Tasked with regulating a huge market consisting of half a billion consumers and generating about a third of the world's total economic output; the European Union (EU) has quite an unenviable task on its hands. Cosmetic products are among the primary areas of European Union regulatory issues, because they account for a huge market.

Cosmetic products that originate in many parts of the world reach EU shores; likewise, European products also go out to the rest of the world from the European Union. EU regulatory issues for cosmetic products have a major bearing on several big and small companies. EU regulatory issues also impact and straddle several regulatory areas, because many countries make up the Union.

The EU Regulation 1223/2009 (Cosmetics Regulation)

The EU Regulation 1223/2009, which came into effect from mid-2013, is aimed at the cosmetic industry in the EU. Although a regulation with regard to cosmetics, the Directive 76/768/EC, was in effect from the mid1970's and underwent substantial changes; the EU sought to replace it with a more powerful regulation.

The need for replacing the Directive 76/768/EC with EU Regulation 1223/2009 was felt because of the many technological changes that have taken place over the past few decades, which have made a major impact on the cosmetics industry.

Highlights of the EU Regulation 1223/2009

  • The most important amendment the EU Regulation 1223/2009 has brought in is that it has proposed the introduction of a "responsible person". By this amendment, only those cosmetic products which have been overseen by what the EU terms and designates as a "responsible person" will be allowed to place a product in the market. Cosmetics manufacturers have to adhere to strict guidelines in identifying this "responsible person". The EU Regulation 1223/2009 also provides clear-cut guidelines on their roles and responsibilities
  • It fortifies cosmetic product's safety requirements
  • All the cosmetic products that get placed in the EU market get notified through a centralized notification mechanism
  • With the passage of EU Regulation 1223/2009, cosmetics manufacturers are required to adhere to specific requirements when it comes to preparing a product safety report that has to be done before they release a product into the market
  • There are now new rules by which cosmetics manufacturers have to report Serious Undesirable Effects (SUE).
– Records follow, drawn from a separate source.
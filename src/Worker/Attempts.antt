-- ===== src/Worker/Attempts.antt =====
-- internal/worker/worker.go and internal/jobs/store.go: the executions of any number of workers, over a
-- network that loses requests and answers.
use jobqueue.Common.{
  All, ℤ, Text, text, ℕ, ◌+◌, ◌≤◌, ◌<◌, ◌≡◌, ◌⊎◌, inl, inr, Bool, false, some, List, [], ◌∷◌, ◌++◌,
  arith,
}
use jobqueue.Jobs.{
  Job, StoreError, Result, not_claimable, not_owned, not_cancelable, no_jobs, unknown_worker,
  database, ok, err,
}
use jobqueue.Jobs.Backoff.{BackoffConfig}
use jobqueue.Store.{find, has_id, Db, Clock}
use jobqueue.Store.Claim.{claim}
use jobqueue.Store.Machine.{step, run, Call, claims}
use jobqueue.Store.Lifecycle.Dispatch.{
  handed, dispatched, Rising, count_of, dispatches, dispatches-Rising, dispatches_budget,
}
use jobqueue.Worker.{WorkerConfig}
use jobqueue.Worker.Client.{taken_for, ClientError, transport}
use jobqueue.Worker.Exactly.{Fate, request_lost, answer_lost, arrived}
use jobqueue.Worker.Loop.{after_claim, Next, works}
use jobqueue.Store.Invariant.{IsWellFormed}

-- A worker's claim, with what the network does with it; or any other call of the store, of whatever
-- worker, client or sweep.
pub data Event : Type 0 where
  polls : Clock → (ℕ → Bool) → Text → ℤ → Fate → Event
  calls : Clock × Call → Event

-- The calls that reach the store.
abbrev pub calls_of : Event → List (Clock × Call)
calls_of (polls c locked w lease request_lost) = []
calls_of (polls c locked w lease answer_lost) = (c, claims locked w lease) ∷ []
calls_of (polls c locked w lease arrived) = (c, claims locked w lease) ∷ []
calls_of (calls s) = s ∷ []

-- The answer that the worker reads.
abbrev claim_answer : Fate → Result Job → ClientError ⊎ Job
unfolding taken_for
claim_answer request_lost r = inl (transport (text "connection lost"))
claim_answer answer_lost r = inl (transport (text "connection lost"))
claim_answer arrived (ok j) = inr j
claim_answer arrived (err e) = inl (taken_for e [])

-- The attempt that the worker executes then, if its loop goes on with the job.
abbrev works_on_next : Next → List (ℕ × ℕ)
works_on_next (works j) = (j.id, j.attempts) ∷ []
works_on_next _ = []

module _ (cfg : WorkerConfig) (backoff : BackoffConfig) where
  unfoldable pub executed : Event → Db → List (ℕ × ℕ)
  unfolding claim after_claim claim_answer
  executed (polls c locked w lease fate) db =
      works_on_next (after_claim cfg false (claim_answer fate (claim c locked w lease db).0))
  executed (calls s) db = []

  -- The attempts that the workers execute, in the order of their claims.
  unfoldable pub executions : Db → List Event → List (ℕ × ℕ)
  unfolding executed run
  executions db [] = []
  executions db (e ∷ es) = executed e db ++ executions (run backoff db (calls_of e)) es

abbrev pub all_calls : List Event → List (Clock × Call)
all_calls [] = []
all_calls (e ∷ es) = calls_of e ++ all_calls es

-- A list with some of its entries left out.
data IsPart {A : Type 0} : List A → List A → Type 0 where
  done : IsPart [] []
  skip : {x : A} {xs ys : List A} → IsPart xs ys → IsPart xs (x ∷ ys)
  keep : {x : A} {xs ys : List A} → IsPart xs ys → IsPart (x ∷ xs) (x ∷ ys)

part-All : {A : Type 0} (P : A → Type 0) {xs ys : List A} → IsPart xs ys → All P ys → All P xs
part-All P done h = tt
part-All P (skip p) h = part-All P p h.1
part-All P (keep p) h = (h.0, part-All P p h.1)

part-Rising : {xs ys : List (ℕ × ℕ)} → IsPart xs ys → Rising ys → Rising xs
part-Rising done h = tt
part-Rising (skip p) h = part-Rising p h.1
part-Rising (keep {x = d} p) h = (part-All (λ e. e.0 ≡ d.0 → d.1 < e.1) p h.0, part-Rising p h.1)

part_count : (i : ℕ) {xs ys : List (ℕ × ℕ)} → IsPart xs ys → count_of i xs ≤ count_of i ys
part_count i done = omega arith
part_count i (skip {x = d} p) = ground (arith, part_count i p)
part_count i (keep {x = d} p) = ground (arith, part_count i p)

skip_all : {A : Type 0} (zs : List A) {xs ys : List A} → IsPart xs ys → IsPart xs (zs ++ ys)
skip_all [] p = p
skip_all (z ∷ zs) p = skip (skip_all zs p)

module _ (cfg : WorkerConfig) (backoff : BackoffConfig) where
  abbrev works_after : Fate → Result Job → List (ℕ × ℕ)
  works_after fate r = works_on_next (after_claim cfg false (claim_answer fate r))

  -- An answer that arrives is what the store handed out.
  arrived-IsPart :
      (r : Result Job) (xs ys : List (ℕ × ℕ))
      → IsPart xs ys
      → IsPart (works_after arrived r ++ xs) (handed r ++ ys)
  unfolding after_claim claim_answer taken_for
  arrived-IsPart (ok j) xs ys p = keep p
  arrived-IsPart (err StoreError.not_found) xs ys p = p
  arrived-IsPart (err not_claimable) xs ys p = p
  arrived-IsPart (err not_owned) xs ys p = p
  arrived-IsPart (err not_cancelable) xs ys p = p
  arrived-IsPart (err no_jobs) xs ys p = p
  arrived-IsPart (err unknown_worker) xs ys p = p
  arrived-IsPart (err database) xs ys p = p

  executions-IsPart :
      (db : Db) (es : List Event)
      → IsPart (executions cfg backoff db es) (dispatches backoff db (all_calls es))
  unfolding executions executed dispatches dispatched run after_claim claim_answer
  executions-IsPart db [] = done
  executions-IsPart db (polls c locked w lease request_lost ∷ es) = executions-IsPart db es
  executions-IsPart db (polls c locked w lease answer_lost ∷ es) =
      skip_all (dispatched db (c, claims locked w lease))
        (executions-IsPart (step backoff db (c, claims locked w lease)) es)
  executions-IsPart db (polls c locked w lease arrived ∷ es) =
      let s : Clock × Call = (c, claims locked w lease) in
      arrived-IsPart (claim c locked w lease db).0 (executions cfg backoff (step backoff db s) es)
        (dispatches backoff (step backoff db s) (all_calls es))
        (executions-IsPart (step backoff db s) es)
  executions-IsPart db (calls s ∷ es) =
      skip_all (dispatched db s) (executions-IsPart (step backoff db s) es)

  -- No attempt of a job is executed twice, by one worker or by two. From well-formed tables, whatever
  -- requests and answers the network loses, and whatever other calls of the store come in between,
  -- the attempts of one job that workers execute have rising numbers, and there are at most as many as its
  -- budget leaves.
  pub executions_lem :
      (db : Db) (es : List Event) (i : ℕ) (j : Job)
      → IsWellFormed db
      → find (has_id i) db.jobs ≡ some j
      → Rising (executions cfg backoff db es)
        × (count_of i (executions cfg backoff db es) + j.attempts ≤ j.max_attempts)
  executions_lem db es i j v s =
      let part = executions-IsPart db es in
      (
        part-Rising part (dispatches-Rising backoff db (all_calls es) v),
        omega (arith, part_count i part, dispatches_budget backoff db (all_calls es) i j v s),
      )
The "responsible person" is obliged to notify these to concerned and respective national authorities. The authorities, on their part, will collect information from sources such as health professionals, users and others to corroborate this information. They are also required to share this information with other members of the EU
  • The EU Regulation 1223/2009 also has new provisions for the use of nanomaterials that go into cosmetic products. These materials are now more clearly and explicitly authorized with regard to their use in UV-filters, preservatives and colorants
  • Notifying their products has become a lot easier for cosmetic manufacturers. They need to now to it only once through the mechanism called the EU Cosmetic Products Notification Portal (CPNP)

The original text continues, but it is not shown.